Tapping into the Top End

WARM rain like I’ve never seen or felt before fell for the three days I was in Darwin for an Australian Sister Cities Association meeting.
We also had the good fortune to receive an invitation to a Destination Darwin cocktail party hosted by the Northern Territory chief minister Clare Martin on Friday, 2 March.
This was a side invitation to our reason for being in Darwin, but left no doubt in my mind that Darwin hospitality was as warm as its weather.
Destination Darwin is a campaign set up in August last year to enable Darwinians to sell Darwin and they appear to be doing it well.
They had invited 150 travel representatives to the Top End for a threeday peep at the place and I thought there would have to be someone from my region at such an event.
I eventually found James CarringtonSmith, of Pakenham.
James is an international travel consultant with the Flight Centre at Fountain Gate.
He was able to meet the Northern Territory Chief Minister Clare Martin and hopefully also tell her about this area.
But Darwin certainly let us see what a really good rain was like — I had forgotten. Places received more than one metre of rain and I wondered why couldn’t we channel some of that runoff to Victoria.
I was told that one area received three metres of rainfall in two days and another 1.5 metres enough to fill our dams in one go.
So what is the value of water?
Across the Top End you would think it comes fairly cheaply, while Tasmania values water in the top dam of its hydro electricity system at $7 a litre.

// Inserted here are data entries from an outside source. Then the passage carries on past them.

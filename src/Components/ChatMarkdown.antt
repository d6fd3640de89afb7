-- ===== src/Components/ChatMarkdown.antt =====
-- src/frontend/src/components/inputs/chat-markdown.tsx: what a text is made into before it is rendered as
-- Markdown, the elements that render it, and the tags that are let through. The renderer and its plugins
-- are libraries.
pub mod Math
use Prim.Native.Nat.{zero, suc, ◌<◌, ◌≤◌, max, min}
use swarm_engine.Prelude.{
  ℕ, ◌+◌, ◌-◌, ◌*◌, ◌/◌, ◌%◌, String, ◌≡◌, refl, sym, ap, ap₂, subst, ◌∙◌, fun_ext, ◌≢◌, ◌↔◌, ◌⊎◌,
  inl, inr, Bool, true, false, not, ◌&&◌, ◌||◌, Option, none, some, List, [], ◌∷◌, ◌++◌, map,
  append-nil, append_assoc, arith, ltb, leb, ◌==◌, if◌then◌else◌, ==_iff, ==_refl, Bool-cases,
  Option-cases, some_inj, lt→ltb, ge→ltb, ltb→lt, ltb→ge, length, get_elem?, take, drop,
  length-append, take-append-drop, length-drop, take-length-append, drop-append_add, last?, init,
  last?-append, init-append, init-append-last, any, all, filter, find, find_index, length-map,
}
use swarm_engine.Text.{Str, codes, str_eq, index_of}

-- `s.replace(/p/, r)` with a pattern that is a literal text: its first occurrence is replaced.
unfoldable replace_first : Str → Str → Str → Str
unfolding index_of
replace_first p r s = elim (index_of p s) [
  | none ↦ s
  | some i ↦ take i s ++ (r ++ drop (i + length p) s)
]

abbrev two_lines : Str
two_lines = 10 ∷ 10 ∷ []

-- `preprocessThink`
unfoldable pub preprocess_think : Str → Str
unfolding replace_first
preprocess_think input =
    replace_first (codes "</think>") (two_lines ++ (codes "</think>" ++ two_lines))
      (replace_first (codes "<think>") (codes "<think>" ++ two_lines) input)

-- What a replacement text stands for: in `String.replace`, `$$` is a `$`.
unfoldable expand_replacement : Str → Str
expand_replacement [] = []
expand_replacement (a ∷ []) = a ∷ []
expand_replacement (a ∷ b ∷ r) = elim (a == b'$' && b == b'$') [
  | true ↦ b'$' ∷ expand_replacement r
  | false ↦ a ∷ expand_replacement (b ∷ r)
]

-- `s.replace(/\\c/g, r)`, for the units `c` that pass a test: each backslash with such a unit behind it.
unfoldable pub replace_escaped : (ℕ → Bool) → Str → Str → Str
replace_escaped test r [] = []
replace_escaped test r (a ∷ []) = a ∷ []
replace_escaped test r (a ∷ b ∷ s) = elim (a == 92 && test b) [
  | true ↦ r ++ replace_escaped test r s
  | false ↦ a ∷ replace_escaped test r (b ∷ s)
]

-- `preprocessMath`
unfoldable pub preprocess_math : Str → Str
unfolding replace_escaped expand_replacement
preprocess_math input =
    replace_escaped (λ c. c == b')') (expand_replacement (codes "$"))
      (replace_escaped (λ c. c == b'(') (expand_replacement (codes "$"))
        (replace_escaped (λ c. c == b']') (expand_replacement (codes "$$"))
          (replace_escaped (λ c. c == b'[') (expand_replacement (codes "$$")) input)))

-- The color of a text.
pub data MarkdownColor : Type 0 where
  disabled primary : MarkdownColor

-- The element that renders a tag of Markdown.
pub data MarkdownElement : Type 0 where
  typography : Str → MarkdownElement
  divider table_in_container table_head table_body table_row table_cell : MarkdownElement

-- `components`
abbrev markdown_components : List (Str × MarkdownElement)
markdown_components =
    (codes "h1", typography (codes "h1"))
    ∷ (codes "h2", typography (codes "h2"))
    ∷ (codes "h3", typography (codes "h3"))
    ∷ (codes "h4", typography (codes "h4"))
    ∷ (codes "h5", typography (codes "h5"))
    ∷ (codes "h6", typography (codes "h6"))
    ∷ (codes "p", typography (codes "body1"))
    ∷ (codes "caption", typography (codes "caption"))
    ∷ (codes "hr", divider)
    ∷ (codes "table", table_in_container)
    ∷ (codes "thead", table_head)
    ∷ (codes "tbody", table_body)
    ∷ (codes "tr", table_row)
    ∷ (codes "th", table_cell)
    ∷ (codes "td", table_cell)
    ∷ []

abbrev block_list : List Str
block_list =
    codes "script"
    ∷ codes "iframe"
    ∷ codes "style"
    ∷ codes "form"
    ∷ codes "input"
    ∷ codes "textarea"
    ∷ []

-- `defaultSchema.tagNames || []` without the tags of the list.
unfoldable pub schema_tags : Option (List Str) → List Str
unfolding str_eq
schema_tags none = []
schema_tags (some tags) = filter (λ t. not (any (str_eq t) block_list)) tags

-- What is handed to the renderer.
pub record MarkdownView : Type 0 where
  pub color : MarkdownColor
  pub components : List (Str × MarkdownElement)
  pub tag_names : List Str
  pub content : Str

unfoldable markdown_view : Option (List Str) → Bool → Str → MarkdownView
unfolding preprocess_think preprocess_math schema_tags
markdown_view default_tags is_thinking content = record {
  color = if is_thinking then disabled else primary;
  components = markdown_components;
  tag_names = schema_tags default_tags;
  content = preprocess_math (preprocess_think content);
}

I asked myself about the real value of water in Melbourne when we now know that by summer 2009 we will have run out of water and probably won’t have enough to shower.
We have massive amounts of grey water running into the sea that could be farmed and used for irrigation and we can introduce more tanks to capture roof water.
But we also need to think about piping water down from our tropical areas, despite the cost, because we simply do not have enough rainfall to provide enough water for the way we expect to live.
We will pay one way or the other.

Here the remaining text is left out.